How to Play Pinochle: Rules, Procedures, Cheat Sheets

The most commonly played variant is known as double-deck pinochle. A pinochle deck is almost twice the size of a normal deck, coming to a total of 80 cards (96 if you play with 9s). Only 5 card values make up the deck: Ace, 10, King, Queen, Jack (in that order, highest to lowest). There’s 4 of each in every suit.

The game is played to 350. Each hand has two parts: melding and play. The deal rotates around the table clockwise, following the distribution of cards. 4 or 5 cards are dealt at a time to each player until all players hold 20 cards.

Bidding starts with the player left of the dealer and goes around the table. The winner of the bid declares trump suit by laying down a marriage, K + Q, and leads the first book. A successful bid consists of the sum of the meld and in play points equalinf or surpassing the value of the bid. If less than, the team who took the bid is set the value of the bid.

Winner of the bid chooses trump by laying down a marriage in that suit.
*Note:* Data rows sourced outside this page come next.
-- ===== src/SchemaNorm/Examples.antt =====
-- Schemas at concrete inputs: tests, and the theorems applied.
use mybro.Json.{
  Value, Fields, null, bool, number, string, array, object, nil, cons, end, field, get, as_array,
  as_str, as_object, lookup, insert, remove, contains_key, to_list, from_list, put_back, fields_len,
  is_null,
}
use mybro.Prelude.{String, strip_prefix, ◌≡◌, refl, []}
use mybro.SchemaNorm.{
  normalize_tool, has_ref_or_defs, any_tool, needs_normalization, resolve_ref, pairs, exact_ref,
  map_values, is_null_schema, insert_all, put_alternatives, simplify_nullable_combinator, put_type,
  normalize_type_field, dedupe, normalize_enum_field, drop_null_const, post_passes,
  normalize_schema, normalize_tool, normalize_tool_schemas,
}

program : Unit {0}
unfolding has_ref_or_defs any_tool needs_normalization resolve_ref pairs exact_ref map_values
    is_null_schema insert_all put_alternatives simplify_nullable_combinator put_type
    normalize_type_field dedupe normalize_enum_field drop_null_const post_passes normalize_schema
    normalize_tool normalize_tool_schemas get as_array as_str as_object lookup insert remove
    contains_key to_list from_list put_back fields_len is_null strip_prefix
program = tt

-- Enough of serde_json's printer for these inputs.
abbrev print : Value → String
print (string s) = s
print null = "null"
print (bool b) = "bool"
print (number n) = "number"
print (array vs) = "array"
print (object fs) = "object"

-- {"type": ["string", "null"], "enum": ["a", null, "a"], "const": null}
abbrev nullable : Fields
nullable = field "type" (array (cons (string "string") (cons (string "null") nil))) (
    field "enum" (array (cons (string "a") (cons null (cons (string "a") nil))))
      (field "const" null end))

simplified :
    normalize_schema print 12 [] (object nullable)
    ≡ object (field "type" (string "string") (field "enum" (array (cons (string "a") nil)) end))
unfolding normalize_schema exact_ref fields_len map_values post_passes simplify_nullable_combinator
    normalize_type_field put_type normalize_enum_field dedupe drop_null_const lookup insert remove
    as_array as_str to_list from_list is_null
simplified = refl

-- {"$defs": {"Id": {"type": "string"}}, "properties": {"id": {"$ref": "#/$defs/Id"}}}
abbrev with_ref : Value
with_ref = object (
    field "$defs" (object (field "Id" (object (field "type" (string "string") end)) end)) (
      field "properties" (object (field "id" (object (field "$ref" (string "#/$defs/Id") end)) end))
        end))

-- The target is there, and the reference stays.
unresolved : normalize_schema print 12 [] with_ref ≡ with_ref
unfolding normalize_schema exact_ref fields_len map_values post_passes simplify_nullable_combinator
    normalize_type_field normalize_enum_field drop_null_const lookup as_str as_object pairs
    resolve_ref strip_prefix
unresolved = refl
Partner joins in laying out melds. Opposing team can lay down meld as long as they can show 20 pts. If he has it, a player must always declare aces around (one ace of each suit) whether or not the 20 pt. threshold is reached; otherwise, a renege is committed and offending team is set value of the bid.

*Meld Cheat Sheet*
aces around = 10
kings around = 8
queens around = 6
jacks around = 4

double aces around = 100*
double kings around = 80
double queens around = 60
double jacks around = 40

king + queen (same suit) = 2
king + queen (in trump)= 4
king +queen around= 24

Run (ace, 10, king, queen, jack of same suit) = 15
double run (2 As, 2 10s, 2 Qs, 2 Js) = 150*

queen (spade) + Jack (diamond) = 4
2 Q (spade) + 2 J (diamond) = 30
3 Q (spade) + 3 J (diamond) = 90
4 Q (spade) + 4 J (diamond)= game bid, but must bring it in with a marriage
*denotes mandatory bid

In Play
Winner of bid leads in first book. Like spades or hearts, winner of book has the lead for the following book.

One must follow the lead suit, and beat the highest value card played, if possible. If you don’t have a card of the lead suit, one *must* play trump, if possible (if you’ve no trump either, one can throw off suit). If two or more of the same card are played in the same trick, the first one played wins the book (e.g. Player 1 leads with ace [spade], player 2 plays jack [spade], player 3 plays king [spade], player 4 lays ace [spade]. Player 1 takes the book.)

There’s a total of 50 in play points. All aces, 10s, and kings are worth 1 point; taking the last book is worth 2 pts. At the end of the hand, each team counts up the number of points from the books they’ve won. Must make a minimum of 20 points in play to save points from melding; anything less than 20 is a ‘non-saver’, resulting in zero points for the whole hand.

Bidding starts at 51. An opening bid of 51 is considered ‘asking’ for meld, meaning you want to win the bid so you can declare trump, but may need additional meld to (easily) make the bid. The following player must pass or raise the bid. If every player passes, the bid is ‘dropped’ on him for 50.

(Two good rules of thumb when it comes to bidding: first, always count your partner for 10. Second, when your partner deals and you have at least one marriage, bid 51 to ‘save’ your partner. This way your team avoids a ‘board set’, which is when the bid is dropped but the dealer doesnt have a marriage to get on board, resulting in an automatic set.)

Partners can ‘send’ meld to their partner with the ‘last digit addition’ system. For example, after the deal, Player 1 counts 30 meld, but does not want to bring in trump, so he ‘sends’ it to his partner ith an opening bid of 53.

On the next hand, player 2 counts 40 meld. Player 1 starts bidding at 51. Player 2 bids 55, signaling his 40 meld to his partner. (You don’t send 10 meld, because your partner already counts you for 10.) The basic concept is that if you’ve got 20 meld, you up the bid by 2; 30 meld, up the bid by 3 and so on.

A jump bid sends 30+ meld when bidding is higher. e.g. your partner bids 51, asking for meld. The next player bids 60. You count 34 meld so you 70. You ‘jumped’ the bid by 10 to send all that meld to your partner.

Bidding follows the format below:
50 (drop bid)
51 (asking for meld)
100 *double aces mandatory bid*
150 *double run mandatory bid*

So hopefully this explainer is somewhat intelligible. If you’ve good card sense, you’ll more easily grasp the game’s ‘logic’. The reason I found it necessary to explain the rules and provide cheat sheets is the lack of acceptable resources in this regard.

I consulted multiple books on card games, but even the renowned Hoyle’s Book of Card Games offered an incoherent explanation. Plus, they include the 9s, which has unique melds, and used an outmoded and confusing point system for meld. Otherwise, I would’ve just had my brother link to them in the pinochle post.